Within the entries below, the lines from the one with "abbrev pub due_at : RunRow → Time" through the one with "else elim (foremost" are to be set down exactly, both ends kept.

[Dataset entries]
▶

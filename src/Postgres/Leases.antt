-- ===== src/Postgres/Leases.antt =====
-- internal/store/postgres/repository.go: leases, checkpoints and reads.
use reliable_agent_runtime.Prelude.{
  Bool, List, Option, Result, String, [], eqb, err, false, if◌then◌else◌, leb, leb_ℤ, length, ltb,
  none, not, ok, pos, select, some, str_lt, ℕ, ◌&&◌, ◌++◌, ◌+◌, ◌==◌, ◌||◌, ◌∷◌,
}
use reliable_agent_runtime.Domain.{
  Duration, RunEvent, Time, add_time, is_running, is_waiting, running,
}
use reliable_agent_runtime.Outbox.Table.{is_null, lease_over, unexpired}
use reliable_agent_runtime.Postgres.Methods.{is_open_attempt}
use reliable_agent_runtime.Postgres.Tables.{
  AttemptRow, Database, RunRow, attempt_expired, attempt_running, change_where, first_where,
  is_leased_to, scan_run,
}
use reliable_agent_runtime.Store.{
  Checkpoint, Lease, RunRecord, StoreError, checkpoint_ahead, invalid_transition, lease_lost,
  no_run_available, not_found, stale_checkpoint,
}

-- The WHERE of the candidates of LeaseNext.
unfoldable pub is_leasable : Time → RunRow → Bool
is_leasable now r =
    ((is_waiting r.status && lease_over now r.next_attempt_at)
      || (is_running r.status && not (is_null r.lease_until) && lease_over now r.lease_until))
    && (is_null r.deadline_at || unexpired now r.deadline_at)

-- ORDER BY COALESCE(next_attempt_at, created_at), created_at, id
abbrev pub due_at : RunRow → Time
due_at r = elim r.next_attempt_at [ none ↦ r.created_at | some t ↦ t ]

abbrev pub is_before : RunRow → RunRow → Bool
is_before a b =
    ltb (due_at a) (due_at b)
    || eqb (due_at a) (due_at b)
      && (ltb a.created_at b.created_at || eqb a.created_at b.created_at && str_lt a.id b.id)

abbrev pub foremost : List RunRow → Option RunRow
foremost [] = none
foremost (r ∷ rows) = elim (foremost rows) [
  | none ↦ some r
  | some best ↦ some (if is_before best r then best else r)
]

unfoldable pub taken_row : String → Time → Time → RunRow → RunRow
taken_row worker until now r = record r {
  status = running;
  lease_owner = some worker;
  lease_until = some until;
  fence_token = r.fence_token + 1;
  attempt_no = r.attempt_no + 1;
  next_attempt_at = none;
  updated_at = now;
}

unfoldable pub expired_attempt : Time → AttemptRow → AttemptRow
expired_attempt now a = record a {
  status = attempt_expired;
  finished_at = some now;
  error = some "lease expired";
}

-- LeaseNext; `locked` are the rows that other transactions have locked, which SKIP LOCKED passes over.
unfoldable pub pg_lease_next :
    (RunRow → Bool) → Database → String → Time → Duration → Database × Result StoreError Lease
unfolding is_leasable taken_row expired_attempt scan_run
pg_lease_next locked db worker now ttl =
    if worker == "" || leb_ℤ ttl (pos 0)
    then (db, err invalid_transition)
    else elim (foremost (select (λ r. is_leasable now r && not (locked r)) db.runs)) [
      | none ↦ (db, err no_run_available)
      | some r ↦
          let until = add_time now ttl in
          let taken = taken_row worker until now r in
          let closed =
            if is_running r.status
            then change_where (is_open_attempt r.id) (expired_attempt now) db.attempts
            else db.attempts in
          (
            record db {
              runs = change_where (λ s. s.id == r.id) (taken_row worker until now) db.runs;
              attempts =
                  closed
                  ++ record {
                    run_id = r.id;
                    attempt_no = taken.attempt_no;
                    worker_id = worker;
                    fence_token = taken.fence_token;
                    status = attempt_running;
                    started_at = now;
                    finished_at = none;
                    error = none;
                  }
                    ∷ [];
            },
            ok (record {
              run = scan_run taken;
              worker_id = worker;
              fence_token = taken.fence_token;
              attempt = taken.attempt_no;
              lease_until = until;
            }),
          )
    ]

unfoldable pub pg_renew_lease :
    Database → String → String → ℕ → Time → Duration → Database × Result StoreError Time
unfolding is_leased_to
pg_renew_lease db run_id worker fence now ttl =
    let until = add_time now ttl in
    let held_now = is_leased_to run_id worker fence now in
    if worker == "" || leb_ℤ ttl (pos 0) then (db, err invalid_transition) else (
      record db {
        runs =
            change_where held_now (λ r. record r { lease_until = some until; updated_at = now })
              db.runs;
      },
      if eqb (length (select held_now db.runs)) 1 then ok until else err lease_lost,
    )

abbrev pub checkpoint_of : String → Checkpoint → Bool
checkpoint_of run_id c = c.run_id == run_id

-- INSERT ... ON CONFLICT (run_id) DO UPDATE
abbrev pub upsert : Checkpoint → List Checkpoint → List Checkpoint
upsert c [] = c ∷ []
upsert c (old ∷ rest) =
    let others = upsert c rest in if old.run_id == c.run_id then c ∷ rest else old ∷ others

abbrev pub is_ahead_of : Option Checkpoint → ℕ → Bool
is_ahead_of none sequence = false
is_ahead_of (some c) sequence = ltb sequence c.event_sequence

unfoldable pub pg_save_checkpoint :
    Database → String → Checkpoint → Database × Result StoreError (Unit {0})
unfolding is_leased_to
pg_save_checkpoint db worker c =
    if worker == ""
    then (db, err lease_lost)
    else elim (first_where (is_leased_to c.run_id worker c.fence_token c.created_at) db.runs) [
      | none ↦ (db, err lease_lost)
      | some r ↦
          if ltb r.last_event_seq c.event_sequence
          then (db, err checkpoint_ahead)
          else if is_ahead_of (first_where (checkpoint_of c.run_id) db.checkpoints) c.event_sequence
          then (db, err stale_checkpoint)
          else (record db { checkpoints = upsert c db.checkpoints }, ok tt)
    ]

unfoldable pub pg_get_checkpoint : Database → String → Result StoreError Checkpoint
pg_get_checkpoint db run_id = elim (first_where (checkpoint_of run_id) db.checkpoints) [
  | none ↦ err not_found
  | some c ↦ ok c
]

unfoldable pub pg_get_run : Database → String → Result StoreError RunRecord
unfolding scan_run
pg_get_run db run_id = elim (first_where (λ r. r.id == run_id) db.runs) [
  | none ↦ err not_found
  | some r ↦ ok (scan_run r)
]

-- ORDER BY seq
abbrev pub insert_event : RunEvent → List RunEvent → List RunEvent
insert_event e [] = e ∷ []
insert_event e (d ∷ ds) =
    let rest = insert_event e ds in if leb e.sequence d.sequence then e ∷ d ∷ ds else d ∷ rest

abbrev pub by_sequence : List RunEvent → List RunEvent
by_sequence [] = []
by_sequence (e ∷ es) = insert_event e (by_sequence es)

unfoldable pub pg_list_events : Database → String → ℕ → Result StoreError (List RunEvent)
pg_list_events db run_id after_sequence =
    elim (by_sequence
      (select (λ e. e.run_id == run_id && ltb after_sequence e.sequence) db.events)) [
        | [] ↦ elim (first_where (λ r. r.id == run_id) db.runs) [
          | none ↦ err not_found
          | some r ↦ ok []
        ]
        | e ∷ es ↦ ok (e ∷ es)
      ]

◀

**EXERCISE SOLUTION**
abbrev pub due_at : RunRow → Time
due_at r = elim r.next_attempt_at [ none ↦ r.created_at | some t ↦ t ]

abbrev pub is_before : RunRow → RunRow → Bool
is_before a b =
    ltb (due_at a) (due_at b)
    || eqb (due_at a) (due_at b)
      && (ltb a.created_at b.created_at || eqb a.created_at b.created_at && str_lt a.id b.id)

abbrev pub foremost : List RunRow → Option RunRow
foremost [] = none
foremost (r ∷ rows) = elim (foremost rows) [
  | none ↦ some r
  | some best ↦ some (if is_before best r then best else r)
]

unfoldable pub taken_row : String → Time → Time → RunRow → RunRow
taken_row worker until now r = record r {
  status = running;
  lease_owner = some worker;
  lease_until = some until;
  fence_token = r.fence_token + 1;
  attempt_no = r.attempt_no + 1;
  next_attempt_at = none;
  updated_at = now;
}

unfoldable pub expired_attempt : Time → AttemptRow → AttemptRow
expired_attempt now a = record a {
  status = attempt_expired;
  finished_at = some now;
  error = some "lease expired";
}

-- LeaseNext; `locked` are the rows that other transactions have locked, which SKIP LOCKED passes over.
unfoldable pub pg_lease_next :
    (RunRow → Bool) → Database → String → Time → Duration → Database × Result StoreError Lease
unfolding is_leasable taken_row expired_attempt scan_run
pg_lease_next locked db worker now ttl =
    if worker == "" || leb_ℤ ttl (pos 0)
    then (db, err invalid_transition)
    else elim (foremost (select (λ r. is_leasable now r && not (locked r)) db.runs)) [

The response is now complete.